Once the rctl create command is executed successfully, following actions will be done:
Create cluster on the controller
Download conjurer & credentials
SCP conjurer & credentials to node
Run conjurer
Configure role, interface
Start provision
Note
At this time only SSH key based authentication is supportted to scp into the nodes
The MKS Bulk Node Deletion feature allows for the simultaneous deletion of multiple nodes in a MKS environment, using RCTL. It is recommended to delete up to 100 nodes at a time.
Below is an example of a cluster with 30 nodes:
To remove these nodes from the MKS Cluster using RCTL, run the command: ./rctl apply -f <cluster_filename.yaml>. Below is the output of this deletion process
{
"taskset_id": "dk64021",
"operations": [
{
"operation": "BulkNodeDelete",
"resource_name": "mks-scale-aug",
"status": "PROVISION_TASK_STATUS_INPROGRESS"
}
],
"comments": "Configuration is being applied to the cluster",
"status": "PROVISION_TASKSET_STATUS_INPROGRESS"
}
Now, the status of all nodes will be Deleting.
To check the status of the node deletion operation, run the command using the status id: ./rctl status apply <taskset_id>
Once the node(s) deletion is complete, the status will be shown as Deleted
Note: It takes approximately 12 minutes to complete the deletion of 100 nodes.
To force delete a node, remove the nodes to be deleted from the cluster configuration and apply the updated configuration using the --force flag, as shown in the command below. This ensures the nodes are deleted immediately, bypassing any validation or blocking errors.
To upgrade the nodes, incorporate the strategy parameters into the specification, whether opting for a concurrent or sequential approach. Here is an illustrative configuration file where the corresponding parameters have been integrated.
For the Concurrent strategy, assign a value to workerConcurrency, whereas in the case of the Sequential strategy, workerConcurrency is not required. Refer K8s Upgrade page for more information.
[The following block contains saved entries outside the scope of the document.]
-- ===== src/Rotation/World.antt =====
-- What the rotation acts on: the passwords of the services, the environment file and what the
-- services were started with, the wallet, and the files of the rotation itself. An external command
-- is done, fails, or fails after it took effect; which of them, the argument `outcome` says for the
-- number of the command.
use open_energy_data_server.Common.{
  ℕ, zero, suc, String, Bool, true, false, Option, ◌+◌, if◌then◌else◌,
}
use open_energy_data_server.Common.Dict.{Dict}
use open_energy_data_server.Rotation.EnvFile.{Passwords}

pub data Outcome : Type 0 where
  done : Outcome
  failed : Outcome
  failed_late : Outcome

pub record World : Type 0 where
  pub opendata : String
  pub readonly : String
  pub grafana : String
  pub pgadmin : String
  pub env_file : String
  pub started_with : String
  pub wallet : Dict String
  pub pending : Option Passwords
  pub backup : Option String
  pub commands : ℕ

-- One field is set, the others stay.
abbrev pub set_opendata : String → World → World
set_opendata v w = record w { opendata = v }

abbrev pub set_readonly : String → World → World
set_readonly v w = record w { readonly = v }

abbrev pub set_grafana : String → World → World
set_grafana v w = record w { grafana = v }

abbrev pub set_pgadmin : String → World → World
set_pgadmin v w = record w { pgadmin = v }

abbrev pub set_env_file : String → World → World
set_env_file v w = record w { env_file = v }

abbrev pub set_started_with : String → World → World
set_started_with v w = record w { started_with = v }

abbrev pub set_wallet : Dict String → World → World
set_wallet v w = record w { wallet = v }

abbrev pub set_pending : Option Passwords → World → World
set_pending v w = record w { pending = v }

abbrev pub set_backup : Option String → World → World
set_backup v w = record w { backup = v }

abbrev pub set_commands : ℕ → World → World
set_commands v w = record w { commands = v }

-- A step that may raise: whether it did not, and what it left.
abbrev pub Step : Type 0
Step = World → Bool × World

unfoldable pub counted : World → World
counted w = set_commands (w.commands + 1) w

infixl 20 ◌>>◌
-- one step, and the next one unless the first raised
unfoldable pub ◌>>◌ : Step → Step → Step
(a >> b) w = let (ok, v) = a w in if ok then b v else (false, v)

-- `try: … except: pass`
unfoldable pub ignoring : Step → Step
ignoring a w = let (ok, v) = a w in (true, v)

module _ (outcome : ℕ → Outcome) where
  unfoldable pub run_command : (World → World) → Step
  unfolding counted
  run_command effect w = elim (outcome w.commands) [
    | done ↦ (true, effect (counted w))
    | failed ↦ (false, counted w)
    | failed_late ↦ (false, effect (counted w))
  ]

  -- `retry`, of a step that only reads; its delays are not modelled
  unfoldable pub retry : ℕ → Step → Step
  retry zero func w = (false, w)
  retry (suc attempts) func w =
      let (ok, v) = func w in let again = retry attempts func v in if ok then (true, v) else again
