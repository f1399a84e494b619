-- ===== src/Rotation/Hoare.antt =====
-- What a step keeps, whether it raises or not, and what it gives if it does not raise.
use open_energy_data_server.Common.{
  ℕ, zero, suc, ◌≡◌, refl, true, false, arith, inl, inr, Bool-cases,
}
use open_energy_data_server.Rotation.World.{
  World, Step, Outcome, done, failed, failed_late, ◌>>◌, ignoring, run_command, retry, counted,
}

pub record Keeps (P : World → Type 0) (a : Step) : Type 0 where
  pub after : (w : World) → P w → P (a w).1

pub record Gives (P : World → Type 0) (a : Step) (Q : World → Type 0) : Type 0 where
  pub after : (w : World) → P w → (a w).0 ≡ true → Q (a w).1

pub seq-Keeps : (P : World → Type 0) (a b : Step) → Keeps P a → Keeps P b → Keeps P (a >> b)
unfolding ◌>>◌
seq-Keeps P a b ha hb = record { after = after }
  where
    after : (w : World) → P w → P ((a >> b) w).1
    after w h = elim (Bool-cases (a w).0) [
      | inl e ↦ rw e (hb.after (a w).1 (ha.after w h))
      | inr e ↦ rw e (ha.after w h)
    ]

pub seq-Gives :
    (P Q R : World → Type 0) (a b : Step) → Gives P a Q → Gives Q b R → Gives P (a >> b) R
unfolding ◌>>◌
seq-Gives P Q R a b ha hb = record { after = after }
  where
    after : (w : World) → P w → ((a >> b) w).0 ≡ true → R ((a >> b) w).1
    after w h e = elim (Bool-cases (a w).0) [
      | inl q ↦ rw q (hb.after (a w).1 (ha.after w h q) (ground arith))
      | inr q ↦ absurd (ground arith)
    ]

pub ignoring-Keeps : (P : World → Type 0) (a : Step) → Keeps P a → Keeps P (ignoring a)
unfolding ignoring
ignoring-Keeps P a ha = record { after = ha.after }

pub gives_by_keeping : (P : World → Type 0) (a : Step) → Keeps P a → Gives P a P
gives_by_keeping P a ha = record { after = λ w h e. ha.after w h }

-- What a step leaves if it raises.
pub record Fails (P : World → Type 0) (a : Step) (R : World → Type 0) : Type 0 where
  pub after : (w : World) → P w → (a w).0 ≡ false → R (a w).1

pub seq-Fails :
    (P Q R : World → Type 0) (a b : Step)
    → Fails P a R
    → Gives P a Q
    → Fails Q b R
    → Fails P (a >> b) R
unfolding ◌>>◌
seq-Fails P Q R a b fa ga fb = record { after = after }
  where
    after : (w : World) → P w → ((a >> b) w).0 ≡ false → R ((a >> b) w).1
    after w h e = elim (Bool-cases (a w).0) [
      | inl q ↦ rw q (fb.after (a w).1 (ga.after w h q) (ground arith))
      | inr q ↦ rw q (fa.after w h q)
    ]

pub fails_by_keeping : (P : World → Type 0) (a : Step) → Keeps P a → Fails P a P
fails_by_keeping P a ha = record { after = λ w h e. ha.after w h }

pub weaken-Fails :
    (P R S : World → Type 0) (a : Step) → Fails P a R → ((w : World) → R w → S w) → Fails P a S
weaken-Fails P R S a fa weaker = record { after = λ w h e. weaker (a w).1 (fa.after w h e) }

-- A predicate that does not look at the number of commands.
abbrev pub IgnoresCount : (World → Type 0) → Type 0
IgnoresCount P = (w : World) → P w → P (counted w)

module _ (outcome : ℕ → Outcome) where
  pub command-Keeps :
      (P : World → Type 0) (effect : World → World)
      → IgnoresCount P
      → ((w : World) → P w → P (effect w))
      → Keeps P (run_command outcome effect)
  unfolding run_command
  command-Keeps P effect count keep = record {
    after = λ w h. by_outcome w h (outcome w.commands) refl;
  }
    where
      by_outcome :
          (w : World)
          → P w
          → (o : Outcome) → outcome w.commands ≡ o
          → P (run_command outcome effect w).1
      by_outcome w h done e = rw (e, run_command) (keep (counted w) (count w h))
      by_outcome w h failed e = rw (e, run_command) (count w h)
      by_outcome w h failed_late e = rw (e, run_command) (keep (counted w) (count w h))

  pub command-Gives :
      (P Q : World → Type 0) (effect : World → World)
      → IgnoresCount P
      → ((w : World) → P w → Q (effect w))
      → Gives P (run_command outcome effect) Q
  unfolding run_command
  command-Gives P Q effect count give = record {
    after = λ w h e. by_outcome w h e (outcome w.commands) refl;
  }
    where
      by_outcome :
          (w : World)
          → P w
          → (run_command outcome effect w).0 ≡ true
          → (o : Outcome) → outcome w.commands ≡ o
          → Q (run_command outcome effect w).1
      by_outcome w h e done q = rw (q, run_command) (give (counted w) (count w h))
      by_outcome w h e failed q = absurd (ground arith)
      by_outcome w h e failed_late q = absurd (ground arith)

  pub retry-Keeps :
      (P : World → Type 0) (n : ℕ) (a : Step) → Keeps P a → Keeps P (retry outcome n a)
  unfolding retry
  retry-Keeps P zero a ha = record { after = λ w h. h }
  retry-Keeps P (suc n) a ha = more (retry-Keeps P n a ha).after
    where
      more : ((w : World) → P w → P (retry outcome n a w).1) → Keeps P (retry outcome (suc n) a)
      more again = record {
        after = λ w h. elim (Bool-cases (a w).0) [
          | inl e ↦ rw e (ha.after w h)
          | inr e ↦ rw e (again (a w).1 (ha.after w h))
        ];
      }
The dry run command is utilized for operations such as Cluster Provisioning, K8s upgrades, blueprint upgrades, and node operations(e.g. :Node Addition/Node Deletion/Labels/Taints). It provides a pre-execution preview of changes, enabling users to assess potential modifications before implementation. This proactive approach is beneficial for identifying and addressing issues, ensuring that the intended changes align seamlessly with infrastructure requirements. Whether provisioning a new cluster or managing updates, incorporating a dry run enhances the predictability, reliability, and overall stability of your infrastructure.
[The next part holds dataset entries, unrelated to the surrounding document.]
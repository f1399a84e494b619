-- ===== src/Rotation/Rotator.antt =====
-- `PasswordRotator` of oeds_ops/password_rotation.py. The old and the new passwords, the text of the
-- environment file at the start and the name of the deployment are arguments; the stack and the
-- wallet are reached by commands. What a verification reads is part of its command's outcome.
pub mod Laws
pub mod Run
pub mod Failure
use open_energy_data_server.Common.{
  ℕ, String, Bool, true, false, Option, none, some, List, [], ◌∷◌, if◌then◌else◌,
}
use open_energy_data_server.Common.Text.{◌<>◌}
use open_energy_data_server.Common.Dict
use open_energy_data_server.Rotation.EnvFile.{Passwords, render_env_file, updates_of}
use open_energy_data_server.Rotation.World.{
  World, Step, Outcome, set_opendata, set_readonly, set_grafana, set_pgadmin, set_env_file,
  set_started_with, set_wallet, set_pending, set_backup, ◌>>◌, ignoring, run_command, retry,
}

abbrev pub reads_only : World → World
reads_only w = w

module _ (outcome : ℕ → Outcome) where
  unfoldable pub rotate_database_passwords : Passwords → Step
  unfolding ◌>>◌ run_command
  rotate_database_passwords passwords =
      run_command outcome (λ w. set_opendata passwords.db w)
      >> run_command outcome (λ w. set_readonly passwords.readonly w)

  unfoldable pub rotate_grafana_password : String → Step
  unfolding run_command
  rotate_grafana_password password = run_command outcome (λ w. set_grafana password w)

  unfoldable pub rotate_pgadmin_password : String → Step
  unfolding run_command
  rotate_pgadmin_password password = run_command outcome (λ w. set_pgadmin password w)

  -- `write_secure_text` to the environment file: the file is replaced or left as it is
  unfoldable pub write_compose_env : String → Step
  unfolding run_command
  write_compose_env lines = run_command outcome (λ w. set_env_file lines w)

  -- `docker compose up` starts the services with what the environment file holds
  unfoldable pub restart_dependent_services : Step
  unfolding run_command
  restart_dependent_services = run_command outcome (λ w. set_started_with w.env_file w)

  -- five checks with 20 attempts each; the last one is two commands
  unfoldable pub verify : Step
  unfolding ◌>>◌ run_command retry
  verify =
      retry outcome 20 (run_command outcome reads_only)
      >> retry outcome 20 (run_command outcome reads_only)
      >> retry outcome 20 (run_command outcome reads_only)
      >> retry outcome 20 (run_command outcome reads_only)
      >> retry outcome 20 (run_command outcome reads_only >> run_command outcome reads_only)

  unfoldable pub upsert_login_item : String → String → Step
  unfolding run_command
  upsert_login_item item_name password =
      run_command outcome (λ w. set_wallet (Dict.put item_name password w.wallet) w)

  module _ (deployment_name : String) where
    unfoldable pub item_name : String → String
    item_name item_label = "OEDS " <> deployment_name <> " " <> item_label

    unfoldable pub write_bitwarden_items : Passwords → Step
    unfolding ◌>>◌ run_command upsert_login_item item_name
    write_bitwarden_items passwords =
        run_command outcome reads_only
        >> upsert_login_item (item_name "PostgreSQL opendata") passwords.db
        >> upsert_login_item (item_name "PostgreSQL readonly") passwords.readonly
        >> upsert_login_item (item_name "Grafana admin") passwords.grafana_admin
        >> upsert_login_item (item_name "pgAdmin admin") passwords.pgadmin_default

    module _ (compose_env_text : String) (old_passwords new_passwords : Passwords) where
      unfoldable pub rollback : Step
      unfolding ◌>>◌ ignoring rotate_database_passwords rotate_grafana_password
          rotate_pgadmin_password write_compose_env restart_dependent_services write_bitwarden_items
      rollback =
          rotate_database_passwords old_passwords
          >> rotate_grafana_password old_passwords.grafana_admin
          >> rotate_pgadmin_password old_passwords.pgadmin_default
          >> write_compose_env compose_env_text
          >> restart_dependent_services
          >> ignoring (write_bitwarden_items old_passwords)

      -- the body of the inner `try`
      unfoldable pub rotate : Step
      unfolding ◌>>◌ run_command rotate_database_passwords rotate_grafana_password
          rotate_pgadmin_password write_compose_env restart_dependent_services verify
          write_bitwarden_items render_env_file updates_of
      rotate =
          rotate_database_passwords new_passwords
          >> rotate_grafana_password new_passwords.grafana_admin
          >> rotate_pgadmin_password new_passwords.pgadmin_default
          >> write_compose_env (render_env_file compose_env_text (updates_of new_passwords))
          >> run_command outcome reads_only
          >> restart_dependent_services
          >> verify
          >> write_bitwarden_items new_passwords

      -- the inner `try` with its `except` and `else`
      unfoldable pub rotate_or_roll_back : Step
      unfolding rotate rollback
      rotate_or_roll_back w =
          let (ok, v) = rotate w in
          let (rolled_back, u) = rollback v in if ok then (true, set_pending none v) else (false, u)

      unfoldable pub create_backup_file : Step
      unfolding run_command
      create_backup_file = run_command outcome (λ w. set_backup (some w.env_file) w)

      unfoldable pub create_pending_file : Step
      unfolding run_command
      create_pending_file = run_command outcome (λ w. set_pending (some new_passwords) w)

      -- `BitwardenSession.close`, which ignores the errors of its two commands
      unfoldable pub close : Step
      unfolding ◌>>◌ ignoring run_command
      close = ignoring (run_command outcome reads_only) >> ignoring (run_command outcome reads_only)

      -- `finally: self.bitwarden.close()`
      unfoldable pub finally_close : Step → Step
      unfolding close
      finally_close a w = let (ok, v) = a w in let (closed, u) = close v in (ok, u)

      -- the tests of the stack and of the wallet, which only read, before the rotation
      unfoldable pub run : Bool → Step
      unfolding ◌>>◌ run_command finally_close create_backup_file create_pending_file
          rotate_or_roll_back
      run true w = (true, w)
      run false w =
          (run_command outcome reads_only
              >> run_command outcome reads_only
              >> finally_close (create_backup_file >> create_pending_file >> rotate_or_roll_back))
            w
./rctl apply -f <cluster_filename.yaml> --dry-run
Example
Node Addition - Day 2 operation
Below is an example of the output from the dry run command when a user tries to add a node on Day 2:
./rctl apply -f cluster_file.yaml --dry-run
Running echo $HOSTNAME on 34.211.224.152
Running PATH=$PATH:/usr/sbin ip -f inet addr show on 34.211.224.152
Running command -v bzip2 on 34.211.224.152 to verify if bzip2 is present on node
Running command -v wget on 34.211.224.152 to verify if wget is present on node
{
"operations": [
{
"operation": "NodeAddition",
"resource_name": "ip-172-31-27-101"
}
]
}
Dry Run Output
The output indicates a successful dry run
The operation specified is "NodeAddition," indicating the intent to add a node to the cluster
The resource_name is "ip-172-31-27-101," representing the hostname or identifier for the node being added
Incorrect K8s version - Day 2 operation
Below is an example of the output from the dry run command when a user tries to add an incorrect K8s version:
./rctl apply -f check1.yaml --dry-run
Error: Error performing apply on cluster "mks-test-1-calico": server error [return code: 400]: {"operations":null,"error":{"type":"Processing Error","status":400,"title":"Processing request failed","detail":{"Message":"Kubernetes version v1.28.3 not supported\n"}}}
Dry Run Output
Indicates that an error occurred while trying to apply changes to the cluster named "mks-test-1-calico," and the server returned an HTTP status code 400 (Bad Request).